Sacerdote italiano vissuto nel 1800 in Piemonte, è stato proclamato santo da Pio XII nel 1947. Nacque in una famiglia contadina e profondamente religiosa, per poi entrare in seminario e divenire un presbitero; amico di Giovanni Bosco, che indirizzò verso i ragazzi poveri di Torino, fu molto vicino ai detenuti e alle loro famiglie, tanto da guadagnarsi l’appellativo di “prete della forca” per la sua abitudine di accompagnare i condannati a morte sino alla fine. Una figura molto amata e popolare, annoverata tra i “santi sociali torinesi”; era gracile e minuto ma si rivelò un gigante della fede, aiutando e formando anche altri sacerdoti al Convitto ecclesiastico come san Giovanni Bosco, il beato Francesco Faà di Bruno, il beato Clemente Marchisio.
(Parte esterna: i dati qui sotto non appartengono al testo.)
-- ===== src/ParallelState/Stages.antt =====
-- The data-parallel groups: the stripes of the pipeline stages.
use megatron_lm.Prelude.{
  assert, ◌>>=◌, ok, none, ◌/◌, ◌%◌, some, ◌∙◌, ℕ, zero, suc, ◌*◌, ◌<◌, ◌≡◌, sym, ap, arith,
}
use native.Mathlib.Nat.{zero-mul, mul-div_cancel, mul_assoc, mul_comm, div-add-mod'}
use megatron_lm.ParallelState.{
  is_none, Sizes, Globals, data_parallel_size, num_pipeline_model_parallel_groups,
  data_parallel_groups, data_parallel_groups_with_cp, init_data_parallel, join,
}
use megatron_lm.ParallelState.Striped.{wide, stripe_of}
use megatron_lm.ParallelState.Joined.{striped, join-striped}

-- What a section on the groups assumes of the sizes: they are positive, their product divides the
-- number of ranks, and the rank is one of them.
pub record IsSized (s : Sizes) : Type 0 where
  pub tp_pos : 0 < s.tensor_model_parallel_size
  pub pp_pos : 0 < s.pipeline_model_parallel_size
  pub cp_pos : 0 < s.context_parallel_size
  pub divides :
      s.world_size
        % (s.tensor_model_parallel_size * s.pipeline_model_parallel_size * s.context_parallel_size)
      ≡ 0
  pub rank_lt : s.rank < s.world_size

regroup : (d t p c : ℕ) → d * (t * p * c) ≡ d * (c * t) * p
regroup d t p c =
    ap (λ x. d * x) (mul_comm (t * p) c ∙ sym (mul_assoc c t p)) ∙ sym (mul_assoc d (c * t) p)

module _ (s : Sizes) (sized : IsSized s) where
  abbrev d : ℕ
  d = data_parallel_size s

  abbrev t : ℕ
  t = s.tensor_model_parallel_size

  abbrev p : ℕ
  p = s.pipeline_model_parallel_size

  abbrev c : ℕ
  c = s.context_parallel_size

  world : s.world_size ≡ d * (c * t) * p
  world = omega (arith, div-add-mod' s.world_size (t * p * c), sized.divides, regroup d t p c)

  -- The ranks of one pipeline stage.
  stage : num_pipeline_model_parallel_groups s ≡ d * (c * t)
  stage = ap (λ x. x / p) world ∙ mul-div_cancel (d * (c * t)) sized.pp_pos

  positive-left : (a b : ℕ) → 0 < a * b → 0 < a
  positive-left zero b h = absurd (omega (arith, zero-mul b))
  positive-left (suc a) b h = omega arith

  stage_pos : 0 < d * (c * t)
  stage_pos = positive-left (d * (c * t)) p (omega (arith, world, sized.rank_lt))

  d_pos : 0 < d
  d_pos = positive-left d (c * t) stage_pos

  ct_pos : 0 < c * t
  ct_pos = omega (arith, wide c t sized.cp_pos, sized.tp_pos)

  dc_pos : 0 < d * c
  dc_pos = positive-left (d * c) t (omega (arith, mul_assoc d c t, stage_pos))

  in_stages : s.rank < p * (d * (c * t))
  in_stages = omega (arith, sized.rank_lt, world, mul_comm p (d * (c * t)))

  data_parallel_groups-striped : data_parallel_groups s ≡ striped p (d * (c * t)) (c * t)
  unfolding data_parallel_groups
  data_parallel_groups-striped = ap (λ block. striped p block (c * t)) stage

  data_parallel_groups_with_cp-striped : data_parallel_groups_with_cp s ≡ striped p (d * c * t) t
  unfolding data_parallel_groups_with_cp
  data_parallel_groups_with_cp-striped =
      ap (λ block. striped p block t) (stage ∙ sym (mul_assoc d c t))

  fresh-ok :
      (g : Globals)
      → g.data_parallel_group ≡ none
      → init_data_parallel s g
        ≡ ok (record g {
          data_parallel_group = join s.rank (data_parallel_groups s) g.data_parallel_group;
          data_parallel_group_with_cp =
              join s.rank (data_parallel_groups_with_cp s) g.data_parallel_group_with_cp;
        })
  unfolding init_data_parallel
  fresh-ok g fresh =
      ap
        (λ o. assert (is_none o) >>= λ _. ok (record g {
          data_parallel_group = join s.rank (data_parallel_groups s) g.data_parallel_group;
          data_parallel_group_with_cp =
              join s.rank (data_parallel_groups_with_cp s) g.data_parallel_group_with_cp;
        }))
        fresh

  -- With positive sizes whose product divides the number of ranks, a rank below that number, and no
  -- data-parallel group yet, the section of the data-parallel groups succeeds: the rank's group is
  -- the stripe of step `cp * tp` through its pipeline stage that the rank is on, and its group with
  -- context parallelism is the stripe of step `tp`.
  pub init_data_parallel-exact :
      (g : Globals)
      → g.data_parallel_group ≡ none
      → (g' : Globals) × (init_data_parallel s g ≡ ok g')
        × (g'.data_parallel_group ≡ some (stripe_of (d * (c * t)) (c * t) s.rank))
        × (g'.data_parallel_group_with_cp ≡ some (stripe_of (d * c * t) t s.rank))
  unfolding init_data_parallel
  init_data_parallel-exact g fresh = (
    record g {
      data_parallel_group = join s.rank (data_parallel_groups s) g.data_parallel_group;
      data_parallel_group_with_cp =
          join s.rank (data_parallel_groups_with_cp s) g.data_parallel_group_with_cp;
    },
    fresh-ok g fresh,
    rw data_parallel_groups-striped
        (join-striped p d (c * t) s.rank g.data_parallel_group d_pos ct_pos in_stages),
    rw data_parallel_groups_with_cp-striped (
        join-striped p (d * c) t s.rank g.data_parallel_group_with_cp dc_pos sized.tp_pos
          (omega (arith, in_stages, ap (λ x. p * x) (mul_assoc d c t)))),
  )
«Il suo segreto era semplice – ha spiegato Papa Benedetto XVI nell’udienza generale del 30 giugno 2010, ricordando la figura del santo – Essere un uomo di Dio; fare, nelle piccole azioni quotidiane, quello che può tornare a maggior gloria di Dio e a vantaggio delle anime. Amava in modo totale il Signore, era animato da una fede ben radicata, sostenuto da una profonda e prolungata preghiera, viveva una sincera carità verso tutti. Conosceva la teologia morale, ma conosceva altrettanto le situazioni e il cuore della gente, del cui bene si faceva carico, come il buon pastore. Quanti avevano la grazia di stargli vicino, ne erano trasformati in altrettanti buoni pastori e in validi confessori. Indicava con chiarezza a tutti i sacerdoti la santità da raggiungere proprio nel ministero pastorale».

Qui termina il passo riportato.